In some cases the repeat single units are impossible to significantly distinguish from random noise (a problem exacerbated by the entropy weighting scheme employed by HMMER3), and so a sequence containing multiple repeats (usually 2 or 3 single copies) is used to construct the profile HMM (centre in Figure 5). While this has the advantage of typically covering more of the tandem repeat in the sequence, it results in a series of overlapping matches, that may still only reflect a partial match to the profile HMM. In such cases, the graphical representations of the Pfam matches on the InterPro website may appear as strange patterns of matching lengths.
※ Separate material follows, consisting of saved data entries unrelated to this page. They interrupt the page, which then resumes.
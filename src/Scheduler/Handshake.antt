-- ===== src/Scheduler/Handshake.antt =====
-- `connectToAmbassador` of src/mgmt/MosaicEventScheduler.cc over the channels of
-- src/util/ClientServerChannel.cc: what goes over the two streams, and what the scheduler is then.
pub mod Tests
use Prim.Native.String.{String}
use omnetpp_federate.Prelude.{ℕ, ◌^◌, ◌<◌, ◌≡◌, ◌≢◌, ◌∙◌, refl, ap, List, ◌++◌, length}
use omnetpp_federate.Prelude.Int.{ℤ, to_u32}
use mathlib.Core.List.{append_assoc}
use omnetpp_federate.Channel.Types.{Cmd, cmd_undef, cmd_init, cmd_end, cmd_success, InitReturn}
use omnetpp_federate.Channel.System.{Sockets, Codec, StreamLaws, CommandLaws}
use omnetpp_federate.Channel.Varint.Format.{IsVarint, value_of}
use omnetpp_federate.Channel.Write.{command_frame, framed, write_command, write_port}
use omnetpp_federate.Channel.Read.{read_command}
use omnetpp_federate.Channel.Read.Bodies.{read_command-command_frame, read_init-framed}
use omnetpp_federate.Channel.Interface.{Channel, client_server_channel}
use omnetpp_federate.Scheduler.Simulation.{Kernel}
use omnetpp_federate.Scheduler.{Scheduler, Junk, Config, connect_to_ambassador}

module _ {D T F S : Type 0} (k : Kernel D T F) (os : Sockets S) (codec : Codec D)
    (stream : StreamLaws os) (laws : CommandLaws IsVarint value_of codec)
    (prepare : String → ℕ → S → ℤ × S) (accept close : S → S) (byte : ℕ) (junk : Junk D)
    (conf : Config) (fresh_out fresh_in : S) (s : Scheduler T F S) where
  open stream use {pending, sent}

  abbrev pub channel : Channel D S
  channel = client_server_channel prepare accept close os codec byte

  -- The two streams as soon as the ambassador has connected, and the port of the second.
  abbrev out_stream : S
  out_stream = accept (prepare conf.host (to_u32 conf.port) fresh_out).1

  abbrev in_stream : S
  in_stream = accept (prepare conf.host (to_u32 conf.cmdport) fresh_in).1

  abbrev command_port : ℕ
  command_port = to_u32 (prepare conf.host (to_u32 conf.cmdport) fresh_in).0

  abbrev pub connected : Scheduler T F S
  connected = connect_to_ambassador k channel junk conf fresh_out fresh_in s

  -- INIT and the port, each in its frame.
  abbrev announced : List ℕ
  announced =
      command_frame os codec cmd_init
      ++ framed os codec (codec.serialize_port (record { port_number = command_port }))

  abbrev Outgoing : S → Type 0
  Outgoing c = sent c ≡ sent out_stream ++ announced

  announce :
      Outgoing (write_port os codec command_port (write_command os codec cmd_init out_stream))
  unfolding write_port write_command
  announce =
      stream.send-sent
        (framed os codec (codec.serialize_port (record { port_number = command_port }))) _
      ∙ ap
          (λ (l : List ℕ).
            l ++ framed os codec (codec.serialize_port (record { port_number = command_port })))
          (stream.send-sent (command_frame os codec cmd_init) out_stream)
      ∙ append_assoc (sent out_stream) (command_frame os codec cmd_init) _

  greeted :
      (cmd : Cmd) (rest : List ℕ)
      → pending in_stream ≡ command_frame os codec cmd ++ rest
      → ((read_command os codec byte in_stream).0 ≡ cmd)
        × (pending (read_command os codec byte in_stream).1 ≡ rest)
        × (sent (read_command os codec byte in_stream).1 ≡ sent in_stream)
  greeted = read_command-command_frame os codec stream laws byte in_stream

  -- The federate announces INIT and its second port on the first stream. If the ambassador's answer is
  -- INIT with a message, then the start and the stop time are those of the message, events are granted
  -- up to the start, and SUCCESS goes back on the second stream, which is read as far as the message.
  pub connect_to_ambassador-init :
      (body rest : List ℕ)
      → length body < 128 ^ 4
      → pending in_stream ≡ command_frame os codec cmd_init ++ (framed os codec body ++ rest)
      → (sent connected.federate_ambassador ≡ sent out_stream ++ announced)
        × (connected.start_time ≡ k.of_ns (codec.parse_init body).start_time)
        × (connected.stop_time ≡ k.of_ns (codec.parse_init body).end_time)
        × (connected.current_max_sim_time ≡ connected.start_time)
        × (pending connected.ambassador_federate ≡ rest)
        × (sent connected.ambassador_federate
            ≡ sent in_stream ++ command_frame os codec cmd_success)
  unfolding connect_to_ambassador write_command
  connect_to_ambassador-init body rest short e =
      let (read, behind, quiet) = greeted cmd_init (framed os codec body ++ rest) e in
      let (message, left, silent) =
        read_init-framed os codec stream laws byte (read_command os codec byte in_stream).1 body
          rest short behind junk.init in
      rw (connect_to_ambassador, read)
        (
          announce,
          ap (λ (m : InitReturn). k.of_ns m.start_time) message,
          ap (λ (m : InitReturn). k.of_ns m.end_time) message,
          refl,
          stream.send-pending (command_frame os codec cmd_success) _ ∙ left,
          stream.send-sent (command_frame os codec cmd_success) _
              ∙ ap (λ (l : List ℕ). l ++ command_frame os codec cmd_success) (silent ∙ quiet),
        )

  abbrev Refused : List ℕ → Scheduler T F S → Type 0
  Refused rest t =
      (sent t.federate_ambassador ≡ sent out_stream ++ announced)
      × (t.start_time ≡ s.start_time)
      × (t.stop_time ≡ s.stop_time)
      × (t.current_max_sim_time ≡ s.current_max_sim_time)
      × (pending t.ambassador_federate ≡ rest)
      × (sent t.ambassador_federate ≡ sent in_stream ++ command_frame os codec cmd_end)

  -- The state in which END has been sent.
  abbrev ended : Scheduler T F S
  ended = record s {
    federate_ambassador =
        write_port os codec command_port (write_command os codec cmd_init out_stream);
    ambassador_federate = write_command os codec cmd_end (read_command os codec byte in_stream).1;
  }

  refused :
      (rest : List ℕ)
      → pending (read_command os codec byte in_stream).1 ≡ rest
      → sent (read_command os codec byte in_stream).1 ≡ sent in_stream
      → Refused rest ended
  unfolding write_command
  refused rest behind quiet = (
    announce,
    refl,
    refl,
    refl,
    stream.send-pending (command_frame os codec cmd_end) _ ∙ behind,
    stream.send-sent (command_frame os codec cmd_end) _
        ∙ ap (λ (l : List ℕ). l ++ command_frame os codec cmd_end) quiet,
  )

  -- If the ambassador's answer is any other command, then END goes back and the times are as before;
  -- the method returns all the same.
  pub connect_to_ambassador-end :
      (cmd : Cmd) (rest : List ℕ)
      → cmd ≢ cmd_init
      → pending in_stream ≡ command_frame os codec cmd ++ rest
      → (sent connected.federate_ambassador ≡ sent out_stream ++ announced)
        × (connected.start_time ≡ s.start_time)
        × (connected.stop_time ≡ s.stop_time)
        × (connected.current_max_sim_time ≡ s.current_max_sim_time)
        × (pending connected.ambassador_federate ≡ rest)
        × (sent connected.ambassador_federate ≡ sent in_stream ++ command_frame os codec cmd_end)
  unfolding connect_to_ambassador
  connect_to_ambassador-end cmd rest ne e =
      let (read, behind, quiet) = greeted cmd rest e in
      by_command cmd ne read (refused rest behind quiet)
    where
      by_command :
          (c : Cmd)
          → c ≢ cmd_init
          → (read_command os codec byte in_stream).0 ≡ c
          → Refused rest ended
          → Refused rest connected
      by_command cmd_init ne read r = absurd (ne refl)
      by_command cmd_undef ne read r = rw (connect_to_ambassador, read) r
      by_command _ ne read r = rw (connect_to_ambassador, read) r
Finally, some repeats are modelled as the whole set of tandem repeats (right in Figure 5). While it may seem that this should capture the entire repetitive region, the local-local matching search algorithm means that multiple partial matches may occur, separated by instances of very poorly conserved repeats.

As stated previously, it can be useful to compare the profile HMM to known structures, to help determine the repeating unit. However, structure identification of proteins with tandem repeats can itself be difficult due to the nature of the repeat region being intrinsically unstructured.

Modelling of repeat units. In reality, the N and C termini repeat units can have less sequence similarity with the central units. This is due to fewer steric restrictions at the termini and also because they may have a role in capping the repeat structure. Therefore, the Pfam family model often represents multiple copies of the repeat units which offers an increased selectivity of the search model compared to a single repeat unit.
Figure 5 Modelling of repeat units

In reality, the N and C termini repeat units can have less sequence similarity with the central units. This is due to fewer steric restrictions at the termini and also because they may have a role in capping the repeat structure. Therefore, the Pfam family model often represents multiple copies of the repeat units which offers an increased selectivity of the search model compared to a single repeat unit.